**What is expected:** Find the lines in the records below that contain "Type", and report each of them.

**Source material:**
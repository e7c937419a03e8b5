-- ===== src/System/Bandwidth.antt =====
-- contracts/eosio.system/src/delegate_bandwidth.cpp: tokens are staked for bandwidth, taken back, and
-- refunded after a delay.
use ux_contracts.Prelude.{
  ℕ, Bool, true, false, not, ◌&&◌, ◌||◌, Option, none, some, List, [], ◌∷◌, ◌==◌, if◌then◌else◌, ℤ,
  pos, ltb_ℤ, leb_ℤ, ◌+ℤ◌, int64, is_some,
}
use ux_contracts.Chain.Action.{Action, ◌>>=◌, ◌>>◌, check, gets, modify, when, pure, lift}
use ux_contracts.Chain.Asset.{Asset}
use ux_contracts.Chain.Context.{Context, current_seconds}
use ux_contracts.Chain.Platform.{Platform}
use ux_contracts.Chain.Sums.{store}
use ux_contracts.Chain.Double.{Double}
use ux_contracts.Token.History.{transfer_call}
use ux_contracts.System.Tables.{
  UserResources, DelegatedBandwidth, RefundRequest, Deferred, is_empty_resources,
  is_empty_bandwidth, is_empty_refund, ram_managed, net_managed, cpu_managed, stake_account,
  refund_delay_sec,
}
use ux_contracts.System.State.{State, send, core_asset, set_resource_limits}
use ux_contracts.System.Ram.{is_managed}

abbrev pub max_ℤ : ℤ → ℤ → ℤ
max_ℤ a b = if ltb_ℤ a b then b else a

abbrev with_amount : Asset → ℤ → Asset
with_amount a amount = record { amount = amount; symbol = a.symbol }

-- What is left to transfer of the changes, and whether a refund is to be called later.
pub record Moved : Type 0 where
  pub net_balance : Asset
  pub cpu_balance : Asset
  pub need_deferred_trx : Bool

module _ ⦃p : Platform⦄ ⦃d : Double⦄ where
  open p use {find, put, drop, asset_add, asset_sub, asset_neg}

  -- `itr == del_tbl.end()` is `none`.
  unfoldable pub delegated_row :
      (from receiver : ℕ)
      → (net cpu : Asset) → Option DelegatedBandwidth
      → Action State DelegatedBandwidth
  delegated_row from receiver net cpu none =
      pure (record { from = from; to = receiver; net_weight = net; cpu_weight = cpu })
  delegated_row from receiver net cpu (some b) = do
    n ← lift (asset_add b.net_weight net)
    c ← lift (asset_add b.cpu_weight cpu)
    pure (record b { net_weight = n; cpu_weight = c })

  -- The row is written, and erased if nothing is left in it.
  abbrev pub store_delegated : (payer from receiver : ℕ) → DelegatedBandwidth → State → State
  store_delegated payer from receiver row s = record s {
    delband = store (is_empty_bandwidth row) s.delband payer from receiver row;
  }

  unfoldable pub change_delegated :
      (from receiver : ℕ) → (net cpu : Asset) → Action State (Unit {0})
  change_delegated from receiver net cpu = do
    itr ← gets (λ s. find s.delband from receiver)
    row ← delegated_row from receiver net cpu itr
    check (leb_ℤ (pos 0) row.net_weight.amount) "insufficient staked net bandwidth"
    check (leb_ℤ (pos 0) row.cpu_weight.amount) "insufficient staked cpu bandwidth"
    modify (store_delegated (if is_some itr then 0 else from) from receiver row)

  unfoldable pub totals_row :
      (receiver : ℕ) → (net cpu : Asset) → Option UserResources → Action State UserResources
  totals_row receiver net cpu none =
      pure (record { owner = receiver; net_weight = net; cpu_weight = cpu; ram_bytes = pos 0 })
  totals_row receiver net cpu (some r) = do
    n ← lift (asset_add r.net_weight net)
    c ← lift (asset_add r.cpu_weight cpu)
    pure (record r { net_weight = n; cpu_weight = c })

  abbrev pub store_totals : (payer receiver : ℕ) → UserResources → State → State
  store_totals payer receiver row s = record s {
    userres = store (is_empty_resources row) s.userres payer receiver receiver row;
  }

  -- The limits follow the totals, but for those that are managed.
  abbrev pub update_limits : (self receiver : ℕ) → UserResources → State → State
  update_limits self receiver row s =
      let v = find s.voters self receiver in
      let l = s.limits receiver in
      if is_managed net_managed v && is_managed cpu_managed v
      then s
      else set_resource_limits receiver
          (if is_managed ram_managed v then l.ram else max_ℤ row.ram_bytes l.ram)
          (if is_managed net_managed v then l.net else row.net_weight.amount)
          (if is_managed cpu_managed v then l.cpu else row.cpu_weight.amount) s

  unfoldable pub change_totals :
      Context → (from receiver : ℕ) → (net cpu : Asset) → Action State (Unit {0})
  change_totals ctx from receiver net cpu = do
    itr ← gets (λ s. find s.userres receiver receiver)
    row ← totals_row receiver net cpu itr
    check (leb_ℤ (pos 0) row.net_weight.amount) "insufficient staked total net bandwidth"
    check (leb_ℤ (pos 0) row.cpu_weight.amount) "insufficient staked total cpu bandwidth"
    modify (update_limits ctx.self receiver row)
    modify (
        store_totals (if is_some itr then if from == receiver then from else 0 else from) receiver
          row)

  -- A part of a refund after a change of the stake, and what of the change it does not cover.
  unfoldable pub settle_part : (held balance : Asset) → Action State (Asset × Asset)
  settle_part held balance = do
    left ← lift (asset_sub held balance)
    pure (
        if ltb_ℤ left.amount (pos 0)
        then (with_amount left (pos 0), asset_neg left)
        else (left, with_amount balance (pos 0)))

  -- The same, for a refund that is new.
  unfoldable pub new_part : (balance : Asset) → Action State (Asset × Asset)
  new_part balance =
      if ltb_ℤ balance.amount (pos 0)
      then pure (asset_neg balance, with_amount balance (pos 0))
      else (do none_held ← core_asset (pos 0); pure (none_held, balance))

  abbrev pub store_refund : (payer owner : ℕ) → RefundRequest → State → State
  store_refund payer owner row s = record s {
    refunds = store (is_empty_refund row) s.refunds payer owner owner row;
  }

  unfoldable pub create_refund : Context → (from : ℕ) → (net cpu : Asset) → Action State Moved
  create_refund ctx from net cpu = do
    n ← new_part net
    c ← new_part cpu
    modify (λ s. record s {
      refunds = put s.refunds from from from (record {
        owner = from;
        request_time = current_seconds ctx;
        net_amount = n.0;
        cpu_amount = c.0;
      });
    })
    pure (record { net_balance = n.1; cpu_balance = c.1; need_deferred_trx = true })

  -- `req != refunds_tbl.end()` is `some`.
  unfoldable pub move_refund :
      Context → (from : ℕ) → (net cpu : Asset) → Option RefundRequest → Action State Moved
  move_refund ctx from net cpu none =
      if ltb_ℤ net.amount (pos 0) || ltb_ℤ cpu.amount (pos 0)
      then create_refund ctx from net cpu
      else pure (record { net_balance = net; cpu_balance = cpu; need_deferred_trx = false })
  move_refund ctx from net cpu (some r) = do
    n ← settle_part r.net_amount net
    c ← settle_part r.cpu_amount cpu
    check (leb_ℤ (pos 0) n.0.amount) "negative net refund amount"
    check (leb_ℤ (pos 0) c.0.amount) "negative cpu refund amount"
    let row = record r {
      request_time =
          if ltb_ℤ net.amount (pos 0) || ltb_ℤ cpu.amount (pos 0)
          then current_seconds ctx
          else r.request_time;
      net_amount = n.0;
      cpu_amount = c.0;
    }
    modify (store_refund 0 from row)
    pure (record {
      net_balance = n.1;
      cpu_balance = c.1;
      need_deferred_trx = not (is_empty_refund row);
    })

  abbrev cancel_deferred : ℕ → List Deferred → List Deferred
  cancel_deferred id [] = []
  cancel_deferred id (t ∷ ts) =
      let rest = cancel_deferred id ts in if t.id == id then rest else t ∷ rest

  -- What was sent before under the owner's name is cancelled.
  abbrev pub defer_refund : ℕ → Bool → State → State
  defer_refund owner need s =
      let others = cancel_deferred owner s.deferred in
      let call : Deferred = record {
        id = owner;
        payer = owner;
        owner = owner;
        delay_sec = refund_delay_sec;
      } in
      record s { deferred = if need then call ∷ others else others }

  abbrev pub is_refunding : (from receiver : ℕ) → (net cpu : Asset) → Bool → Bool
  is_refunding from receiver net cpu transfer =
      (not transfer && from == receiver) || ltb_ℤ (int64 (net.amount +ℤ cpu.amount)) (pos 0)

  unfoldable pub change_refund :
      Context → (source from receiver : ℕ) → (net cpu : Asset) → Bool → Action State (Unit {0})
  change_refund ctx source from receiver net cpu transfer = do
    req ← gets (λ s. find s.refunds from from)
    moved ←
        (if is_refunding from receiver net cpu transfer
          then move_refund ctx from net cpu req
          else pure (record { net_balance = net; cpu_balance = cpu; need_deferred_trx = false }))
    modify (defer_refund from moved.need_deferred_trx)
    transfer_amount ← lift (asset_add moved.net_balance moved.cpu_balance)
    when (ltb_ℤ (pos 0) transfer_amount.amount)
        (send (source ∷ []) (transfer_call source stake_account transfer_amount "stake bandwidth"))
--
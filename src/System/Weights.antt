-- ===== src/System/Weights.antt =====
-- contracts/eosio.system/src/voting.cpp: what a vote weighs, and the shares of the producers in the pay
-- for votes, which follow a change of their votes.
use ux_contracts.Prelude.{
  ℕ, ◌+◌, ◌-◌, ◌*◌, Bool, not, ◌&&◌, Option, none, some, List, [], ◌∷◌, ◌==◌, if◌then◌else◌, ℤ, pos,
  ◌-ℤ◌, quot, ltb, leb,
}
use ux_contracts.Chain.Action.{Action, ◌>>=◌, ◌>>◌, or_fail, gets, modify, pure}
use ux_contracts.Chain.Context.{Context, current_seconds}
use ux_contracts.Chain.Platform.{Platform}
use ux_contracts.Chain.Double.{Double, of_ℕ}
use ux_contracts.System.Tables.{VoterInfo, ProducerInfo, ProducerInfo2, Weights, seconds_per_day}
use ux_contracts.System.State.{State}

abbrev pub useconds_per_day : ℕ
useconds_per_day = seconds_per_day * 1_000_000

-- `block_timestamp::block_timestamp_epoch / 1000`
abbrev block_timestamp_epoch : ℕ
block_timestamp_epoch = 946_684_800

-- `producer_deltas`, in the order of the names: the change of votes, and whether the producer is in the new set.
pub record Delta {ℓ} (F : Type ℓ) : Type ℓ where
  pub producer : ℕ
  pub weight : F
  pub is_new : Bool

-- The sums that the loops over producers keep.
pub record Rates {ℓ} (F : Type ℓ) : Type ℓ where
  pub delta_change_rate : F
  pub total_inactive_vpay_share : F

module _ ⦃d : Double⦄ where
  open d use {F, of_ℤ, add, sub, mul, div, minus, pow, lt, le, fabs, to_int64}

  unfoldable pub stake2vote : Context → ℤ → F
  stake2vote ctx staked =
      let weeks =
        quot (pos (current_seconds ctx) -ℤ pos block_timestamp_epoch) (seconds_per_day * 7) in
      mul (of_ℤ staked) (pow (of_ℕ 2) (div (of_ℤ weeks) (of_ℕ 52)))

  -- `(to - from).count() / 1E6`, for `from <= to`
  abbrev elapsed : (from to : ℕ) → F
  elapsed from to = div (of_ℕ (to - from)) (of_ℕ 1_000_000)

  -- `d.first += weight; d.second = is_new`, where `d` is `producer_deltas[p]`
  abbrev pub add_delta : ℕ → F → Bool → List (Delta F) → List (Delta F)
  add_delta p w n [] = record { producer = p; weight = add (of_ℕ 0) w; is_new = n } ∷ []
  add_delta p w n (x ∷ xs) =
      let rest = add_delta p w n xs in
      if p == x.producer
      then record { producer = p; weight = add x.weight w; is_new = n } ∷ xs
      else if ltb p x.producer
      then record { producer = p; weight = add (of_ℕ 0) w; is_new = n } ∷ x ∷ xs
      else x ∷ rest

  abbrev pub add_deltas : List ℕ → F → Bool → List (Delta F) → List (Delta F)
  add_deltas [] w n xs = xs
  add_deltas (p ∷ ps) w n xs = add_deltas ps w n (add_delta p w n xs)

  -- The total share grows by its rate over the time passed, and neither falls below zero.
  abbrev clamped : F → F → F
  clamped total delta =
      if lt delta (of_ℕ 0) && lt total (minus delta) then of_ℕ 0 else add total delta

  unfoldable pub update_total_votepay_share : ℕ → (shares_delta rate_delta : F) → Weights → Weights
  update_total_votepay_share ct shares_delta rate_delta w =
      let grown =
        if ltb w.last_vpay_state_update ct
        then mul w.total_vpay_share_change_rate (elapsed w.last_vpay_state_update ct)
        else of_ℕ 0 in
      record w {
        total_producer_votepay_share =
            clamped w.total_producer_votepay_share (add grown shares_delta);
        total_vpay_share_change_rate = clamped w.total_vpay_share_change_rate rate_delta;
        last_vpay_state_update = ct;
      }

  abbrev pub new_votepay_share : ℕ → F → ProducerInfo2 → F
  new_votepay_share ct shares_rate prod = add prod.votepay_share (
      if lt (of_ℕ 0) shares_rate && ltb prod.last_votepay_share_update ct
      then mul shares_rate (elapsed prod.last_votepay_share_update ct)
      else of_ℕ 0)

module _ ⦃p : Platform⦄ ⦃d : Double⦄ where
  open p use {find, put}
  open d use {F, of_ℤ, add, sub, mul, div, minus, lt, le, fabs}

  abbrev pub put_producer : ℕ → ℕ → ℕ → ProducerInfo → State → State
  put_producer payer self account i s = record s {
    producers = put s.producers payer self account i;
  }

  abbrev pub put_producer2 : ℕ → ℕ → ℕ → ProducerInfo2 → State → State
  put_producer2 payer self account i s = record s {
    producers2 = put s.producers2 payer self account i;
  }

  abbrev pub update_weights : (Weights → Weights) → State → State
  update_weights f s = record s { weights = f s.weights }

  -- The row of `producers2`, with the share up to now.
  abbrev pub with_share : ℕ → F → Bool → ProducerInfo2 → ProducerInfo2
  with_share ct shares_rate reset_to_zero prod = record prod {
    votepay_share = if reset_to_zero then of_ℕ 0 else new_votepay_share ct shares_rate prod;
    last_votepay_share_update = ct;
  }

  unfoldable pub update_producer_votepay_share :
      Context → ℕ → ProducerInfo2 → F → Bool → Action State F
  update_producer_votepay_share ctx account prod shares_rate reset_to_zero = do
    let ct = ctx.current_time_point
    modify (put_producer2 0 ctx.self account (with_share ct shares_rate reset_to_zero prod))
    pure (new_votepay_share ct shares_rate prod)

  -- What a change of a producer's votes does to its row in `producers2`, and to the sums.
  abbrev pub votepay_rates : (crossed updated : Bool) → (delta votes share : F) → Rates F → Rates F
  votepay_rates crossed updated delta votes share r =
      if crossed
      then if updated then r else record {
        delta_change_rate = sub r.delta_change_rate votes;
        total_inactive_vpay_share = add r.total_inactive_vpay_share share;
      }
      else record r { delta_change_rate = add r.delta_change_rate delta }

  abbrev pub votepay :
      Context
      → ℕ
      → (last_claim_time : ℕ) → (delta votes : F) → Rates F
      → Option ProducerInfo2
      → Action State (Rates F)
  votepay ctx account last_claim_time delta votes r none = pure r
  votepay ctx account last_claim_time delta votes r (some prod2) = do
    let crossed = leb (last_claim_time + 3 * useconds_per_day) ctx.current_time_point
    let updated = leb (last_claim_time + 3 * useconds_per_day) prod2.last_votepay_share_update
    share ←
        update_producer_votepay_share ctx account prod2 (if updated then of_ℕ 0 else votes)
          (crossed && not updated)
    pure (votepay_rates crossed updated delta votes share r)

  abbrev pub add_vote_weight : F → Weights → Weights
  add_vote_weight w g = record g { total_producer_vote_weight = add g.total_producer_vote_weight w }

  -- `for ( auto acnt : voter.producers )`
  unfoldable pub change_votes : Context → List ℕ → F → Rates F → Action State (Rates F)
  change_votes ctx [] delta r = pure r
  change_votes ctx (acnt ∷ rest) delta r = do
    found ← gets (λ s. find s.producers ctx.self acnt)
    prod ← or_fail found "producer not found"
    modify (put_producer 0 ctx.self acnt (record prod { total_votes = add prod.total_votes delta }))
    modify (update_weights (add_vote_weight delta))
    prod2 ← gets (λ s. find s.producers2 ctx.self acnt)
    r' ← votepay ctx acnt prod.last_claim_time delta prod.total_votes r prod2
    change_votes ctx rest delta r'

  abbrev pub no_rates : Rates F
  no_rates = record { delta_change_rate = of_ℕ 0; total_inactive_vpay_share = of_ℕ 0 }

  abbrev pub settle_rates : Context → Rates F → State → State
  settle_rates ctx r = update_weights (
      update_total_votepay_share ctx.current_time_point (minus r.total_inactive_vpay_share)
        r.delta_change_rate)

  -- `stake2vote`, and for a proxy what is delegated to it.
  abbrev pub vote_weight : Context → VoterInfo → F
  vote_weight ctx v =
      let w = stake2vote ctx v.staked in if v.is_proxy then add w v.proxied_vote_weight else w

**Written reply:**
pub record Moved : Type 0 where
pub record Delta {ℓ} (F : Type ℓ) : Type ℓ where
pub record Rates {ℓ} (F : Type ℓ) : Type ℓ where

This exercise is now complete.